If you have more budget and time you can conduct controlled phishing campaign, where you as the IT department (disguised as external attacker) target your users with phishing e-mails and later use the statistics gained during the testing for further cybersecurity awareness improving.

Of course awareness is not everything, additionally to training and improving your employees understanding of cybersecurity, you must have technical security measures in place for their endpoint PCs which are often an entry point to your internal network.

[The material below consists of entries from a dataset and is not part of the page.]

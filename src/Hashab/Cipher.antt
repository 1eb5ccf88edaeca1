-- ===== src/Hashab/Cipher.antt =====
-- src/crypto/hashab/cipher.rs: two chained block ciphers, which differ in their tables.
use Prim.Native.Nat.{bit_and}
use libopod.Base.{ℕ, zero, suc, ◌+◌, ◌*◌, ◌^◌, List, [], ◌∷◌, ◌++◌, map, none, some}
use mathlib.Core.Option
use mathlib.Core.Option.{Option}
use libopod.Base.Tests.{ltb, ◌==◌, if◌then◌else◌}
use libopod.Base.Lists.{take, drop, slice}
use libopod.Bytes.{from_le_bytes, to_le_bytes}
use libopod.Hashab.Word.{Word, at, xor_words, byte_mul, byte_add}
use libopod.Hashab.Word as Word
use libopod.Hashab.Tables.Stage1.{
  stage1_input_map, stage1_final_map, stage1_output_map, stage1_round_base, stage1_round_affine,
  stage1_schedule, stage1_initial_chain,
}
use libopod.Hashab.Tables.Stage2.{
  stage2_input_map, stage2_final_map, stage2_output_map, stage2_round_base, stage2_round_affine,
  stage2_schedule,
}

pub record Profile : Type 0 where
  pub input_map : List ℕ
  pub final_map : List ℕ
  pub output_map : List ℕ
  pub round_base : List ℕ
  pub round_affine : List ℕ
  pub schedule : List ℕ

unfoldable pub stage1_profile : Profile
unfolding stage1_input_map stage1_final_map stage1_output_map stage1_round_base stage1_round_affine
    stage1_schedule
stage1_profile = record {
  input_map = stage1_input_map;
  final_map = stage1_final_map;
  output_map = stage1_output_map;
  round_base = stage1_round_base;
  round_affine = stage1_round_affine;
  schedule = stage1_schedule;
}

unfoldable pub stage2_profile : Profile
unfolding stage2_input_map stage2_final_map stage2_output_map stage2_round_base stage2_round_affine
    stage2_schedule
stage2_profile = record {
  input_map = stage2_input_map;
  final_map = stage2_final_map;
  output_map = stage2_output_map;
  round_base = stage2_round_base;
  round_affine = stage2_round_affine;
  schedule = stage2_schedule;
}

affine_loop : ℕ → ℕ → List ℕ → ℕ → ℕ → ℕ
affine_loop zero bit parameters value result = result
affine_loop (suc left) bit parameters value result =
    affine_loop left (suc bit) parameters value
      (if bit_and value (2 ^ bit) == 0 then result else Word.◌^◌ result (at parameters (bit + 1)))

unfoldable pub affine_byte : List ℕ → ℕ → ℕ
unfolding affine_loop
affine_byte parameters value = affine_loop 8 0 parameters value (at parameters 0)

-- one lane of a round table at a base value
lane_byte : List ℕ → ℕ → ℕ → ℕ
unfolding affine_byte
lane_byte round_affine base zero = base
lane_byte round_affine base (suc lane) =
    affine_byte (slice round_affine (lane * 9) (lane * 9 + 9)) base

unfoldable pub profile_word : Profile → ℕ → ℕ → Word
unfolding lane_byte from_le_bytes
profile_word profile table_number i =
    let base = at profile.round_base i in
    let lane = table_number * 4 in
    from_le_bytes (
      lane_byte profile.round_affine base lane
      ∷ lane_byte profile.round_affine base (lane + 1)
      ∷ lane_byte profile.round_affine base (lane + 2)
      ∷ lane_byte profile.round_affine base (lane + 3)
      ∷ [])

-- the four tables, one after the other
xor_tables : ℕ → ℕ → Profile → List ℕ → ℕ → Word → Word
unfolding profile_word
xor_tables zero table profile input word value = value
xor_tables (suc left) table profile input word value =
    xor_tables left (suc table) profile input word
      (Word.◌^◌ value (profile_word profile table (at input (bit_and (word * 4 + table * 5) 15))))

table_words : ℕ → ℕ → Profile → List ℕ → List ℕ → List ℕ
unfolding xor_tables from_le_bytes to_le_bytes
table_words zero word profile input round_key = []
table_words (suc left) word profile input round_key =
    to_le_bytes 4 (
      xor_tables 4 0 profile input word (from_le_bytes (slice round_key (word * 4) (word * 4 + 4))))
    ++ table_words left (suc word) profile input round_key

unfoldable pub table_round : Profile → List ℕ → List ℕ → List ℕ
unfolding table_words
table_round profile input round_key = table_words 4 0 profile input round_key

final_bytes : ℕ → ℕ → Profile → List ℕ → List ℕ → List ℕ
final_bytes zero position profile input round_key = []
final_bytes (suc left) position profile input round_key =
    let input_position = bit_and (bit_and position 0x0c + bit_and position 0x03 * 5) 0x0f in
    let table_value = at profile.final_map (at input input_position) in
    Word.◌^◌ (byte_add (byte_mul table_value 0x81) 0x7a) (at round_key position)
    ∷ final_bytes left (suc position) profile input round_key

unfoldable pub final_round : Profile → List ℕ → List ℕ → List ℕ
unfolding final_bytes
final_round profile input round_key = final_bytes 16 0 profile input round_key

-- `map.iter().position(|candidate| *candidate == value)`
unfoldable pub position : List ℕ → ℕ → Option ℕ
position [] value = none
position (candidate ∷ rest) value =
    let later = position rest value in
    if candidate == value then some 0 else Option.map (λ i. i + 1) later

unfoldable pub inverse_map_byte : List ℕ → ℕ → ℕ
unfolding position
inverse_map_byte table value = elim (position table value) [
  | none ↦ 0
  | some i ↦ if ltb i 256 then i else 0
]

-- the rounds between the first key and the last one
table_rounds : ℕ → ℕ → Profile → List ℕ → List ℕ
unfolding table_round
table_rounds zero round profile state = state
table_rounds (suc left) round profile state =
    table_rounds left (suc round) profile
      (table_round profile state (slice profile.schedule (round * 16) (round * 16 + 16)))

map_bytes : List ℕ → List ℕ → List ℕ
map_bytes table bytes = map (λ b. at table b) bytes

-- one block, before the output map
unfoldable pub encrypt_block : Profile → List ℕ → List ℕ → List ℕ
unfolding table_rounds final_round map_bytes
encrypt_block profile input_block chaining =
    let state =
      xor_words (xor_words (map_bytes profile.input_map input_block) chaining)
        (take 16 profile.schedule) in
    final_round profile (table_rounds 9 1 profile state) (slice profile.schedule 160 176)

-- `n` blocks, each chained to the one before
unfoldable pub cipher_cbc : ℕ → Profile → List ℕ → List ℕ → List ℕ
unfolding encrypt_block map_bytes
cipher_cbc zero profile input chaining = []
cipher_cbc (suc n) profile input chaining =
    let encrypted = encrypt_block profile (take 16 input) chaining in
    map_bytes profile.output_map encrypted ++ cipher_cbc n profile (drop 16 input) encrypted

unfoldable pub stage1 : List ℕ → List ℕ
unfolding stage1_profile cipher_cbc stage1_initial_chain
stage1 input = cipher_cbc 5 stage1_profile input stage1_initial_chain

unfoldable pub stage2 : List ℕ → List ℕ → List ℕ
unfolding stage2_profile cipher_cbc inverse_map_byte
stage2 input initialization_vector =
    cipher_cbc 2 stage2_profile input
      (map (inverse_map_byte stage2_profile.output_map) initialization_vector)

This technical measurements can be:

  • antivirus software (e.g. Windows Defender or third-party software) which will help detecting viruses and suspicious software
  • auditing and inventorying software (e.g. eAuditor or Microsoft Intune) which will help you catalog and monitor users’ personal computer, they can also be used to limit apps that are allowed to be installed on the PCs
  • firewalls which can minimize the endpoints exposure to public networks, they are crucial and should never be disabled!

To minimize risk you should also stick to the “zero trust” rule, which is a security strategy that assumes individuals, devices and services that are attempting to access company resources, even those inside the internal network, cannot automatically be trusted.

In endpoints the strategy refers to account permissions, user should never have full administrative access to their system or at least he should be always asked if he want to run anything as an administrator (with the need to provide password), this will ensure that if a malicious program is run as the employee’s user on his pc, it will not have administrative right by default and will not be able to do any serious harm before its detected and blocked.

Summing up:

 

I hope this article helped you to understand why policies, procedures and employees’ cyberawareness should be an important matters for every organization that takes its IT security seriously.